Misha Bobitch
On his 35th birthday, Misha Bobitch, lover of chess and unavailable women, left Russia for a new life in the New World. After a flight punctuated by generous helpings of (reheated) pelmeni, more or less doable Vodka and three stopovers in equally overcrowded and under-heated airport terminals, he spotted a cab parked right outside the front door of the arrivals terminal of JFK airport; its driver having facial features remarkably Slavic but slightly less wintry and Soviet (maybe Czech or Polish) than his own. During the first leg of the ride into Manhattan, through the not-mean streets of quasi-suburban Queens, Misha paid little attention to that mix of slush and sunlessness which which is common to midwinter New York. His view was, instead, inward, his mind filled with snippets of Moscow on the Hudson and a blur of scenes from the Cagney-Bogart shoot-em-ups that he’d watched in the well-stocked film library of a friend who worked in the KGB’s media department.

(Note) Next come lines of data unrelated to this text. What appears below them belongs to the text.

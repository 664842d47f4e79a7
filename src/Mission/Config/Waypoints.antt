-- ===== src/Mission/Config/Waypoints.antt =====
-- config.py: one waypoint of the mission file, which is either a checkpoint or an inline position.
use patrol_drone.Prelude.{
  ◌>>◌, ◌>>=◌, String, List, Result, ◌∷◌, [], not, ok, ◌||◌, if◌then◌else◌, or_raise, ◌&&◌, none,
  some,
}
use patrol_drone.Float.{Float}
use patrol_drone.Mission.Frames.{Point}
use patrol_drone.Mission.Config.Yaml.{
  Fields, ConfigError, refuse_if, has, subscript, within, validate_frame, point, keys, number,
  refuse, missing_field, value_error, unknown_key, ambiguous_waypoint, unknown_checkpoint,
  shapeless_waypoint,
}
use patrol_drone.Mission.Config.Checkpoints.{Positions, checkpoint_id, position_of}
use patrol_drone.Mission.Config.{Approach, Waypoint}

pub data WaypointShape : Type 0 where
  from_checkpoint inline : WaypointShape

abbrev pub checkpoint_waypoint_keys : List String
checkpoint_waypoint_keys = "checkpoint_id" ∷ "dwell_s" ∷ []

abbrev pub inline_waypoint_keys : List String
inline_waypoint_keys = "position" ∷ "frame" ∷ "dwell_s" ∷ []

module _ ⦃fl : Float⦄ where
  open fl use {F, add, sub, mul, tan, atan2}

  unfoldable pub waypoint_shape : Fields → Result ConfigError WaypointShape
  waypoint_shape w =
      let has_checkpoint = has w "checkpoint_id" in
      let has_inline = has w "position" || has w "frame" in
      if has_checkpoint && has_inline
      then refuse ambiguous_waypoint
      else if has_checkpoint
      then ok from_checkpoint
      else if has_inline
      then ok inline
      else refuse shapeless_waypoint

  unfoldable pub check_waypoint_keys : Fields → List String → Result ConfigError Unit
  check_waypoint_keys w allowed =
      refuse_if (not (within allowed (keys w))) missing_field
      >> refuse_if (not (within (keys w) allowed)) unknown_key

  unfoldable pub approach_pose : Point → F → F → Point × F
  approach_pose (tx, ty, tz) standoff_m camera_pitch_rad =
      let hy = add ty standoff_m in
      ((tx, hy, add tz (mul standoff_m (tan camera_pitch_rad))), atan2 (sub ty hy) (sub tx tx))

  unfoldable pub checkpoint_waypoint : Fields → Positions → Approach → Result ConfigError Waypoint
  checkpoint_waypoint w checkpoints approach = do
    id ← subscript w "checkpoint_id"
    cid ← checkpoint_id id
    tag ← or_raise (position_of checkpoints cid) (value_error unknown_checkpoint)
    let pose = approach_pose tag approach.standoff_m approach.camera_pitch_rad
    dwell ← subscript w "dwell_s"
    dwell_s ← number dwell
    ok (record {
      position = pose.0;
      frame = "enu";
      dwell_s = dwell_s;
      checkpoint_id = some cid;
      yaw_enu = some pose.1;
    })

  unfoldable pub inline_waypoint : Fields → Result ConfigError Waypoint
  inline_waypoint w = do
    f ← subscript w "frame"
    frame ← validate_frame f
    place ← subscript w "position"
    position ← point place
    dwell ← subscript w "dwell_s"
    dwell_s ← number dwell
    ok (record {
      position = position;
      frame = frame;
      dwell_s = dwell_s;
      checkpoint_id = none;
      yaw_enu = none;
    })

  abbrev pub parse_shaped :
      WaypointShape → Fields → Positions → Approach → Result ConfigError Waypoint
  parse_shaped from_checkpoint w checkpoints approach =
      check_waypoint_keys w checkpoint_waypoint_keys >> checkpoint_waypoint w checkpoints approach
  parse_shaped inline w checkpoints approach =
      check_waypoint_keys w inline_waypoint_keys >> inline_waypoint w

  unfoldable pub parse_waypoint : Fields → Positions → Approach → Result ConfigError Waypoint
  parse_waypoint w checkpoints approach = do
    shape ← waypoint_shape w
    parse_shaped shape w checkpoints approach

  unfoldable pub parse_waypoints :
      List Fields → Positions → Approach → Result ConfigError (List Waypoint)
  parse_waypoints [] checkpoints approach = ok []
  parse_waypoints (w ∷ ws) checkpoints approach = do
    wp ← parse_waypoint w checkpoints approach
    wps ← parse_waypoints ws checkpoints approach
    ok (wp ∷ wps)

Guessing that his passenger was near numb from having just completed the multi-stop odyssey that is so often the fate of his fellow cast-offs of the Great Social Experiment who flew “coach” from points East, the driver chose to spend the time listening to a stream of soft jazz piano music from a local FM station rather than try to engage his passenger in conversation. By and by, on approaching the East River and that magnificent view of The City, the sound of a suddenly shifting body came from the back seat. “Can you recommend a good place to stay? I don’t have much money and I don’t need anything luxurious!” Having made his often unhappy wife of 12 years happy with a state-of-the-art television paid for with tips from umpteen plus fellow Ost Europeans who were grateful for his recommendation of a relatively cheap hostelry in this epicenter of greed and Darwinian capitalism, the driver nodded his head and continued on the last leg of the journey into Manhattan. After a quick check-in and recital of the rules and regulations – receipt in hand for two prepaid weeks at the midtown Manhattan “Y”, Misha was able to pry from the young desk clerk the name and address of the nearest all-night café. This proved to be a fairly easy task for him once the young (and by the look of his ketchup-stained clip-on tie and Payless footwear) not-altogether-hip law student at New York University gave ample proof that he was more than happy to be distracted from his studies by Misha’s entreaty.
Now all-night cafe equals chess in certain parts of Manhattan, and hunting up a chess game on a bitterly cold January evening certainly would not make a cultured Muscovite feel any less at home on his first night out on foreign shores. The ritual of checking into a humbly priced Manhattan hostelry got out of the way, his mind was now occupied by the promise of hot tea and chess that was held out by the post-it note — just given to him by the desk clerk—that bore the name and address of a nearby coffee house. He entered his room, and after quickly arranging his toiletries on the few glass shelves under the medicine cabinet mirror and shoving his suitcase under the bed, he headed down to the lobby and out the ”Y’s” front door—noticing, while passing the reception area, that the desk clerk/ law student had resumed his assault on his cardboard tub of Egg Foo Yong and his study guide to the New York State bar exam.
The first step of his new life finally in motion, Misha was neither happy nor sad. After all, his decision to leave Moscow was a decision based on neither the whim of the born adventurer nor a deeply felt dissatisfaction with life in the Motherland. For (ex) Comrade Bobitch, truth be told, was not a terribly deep man. He had no real idea what his life was about, and certainly no idea of what it was about to become.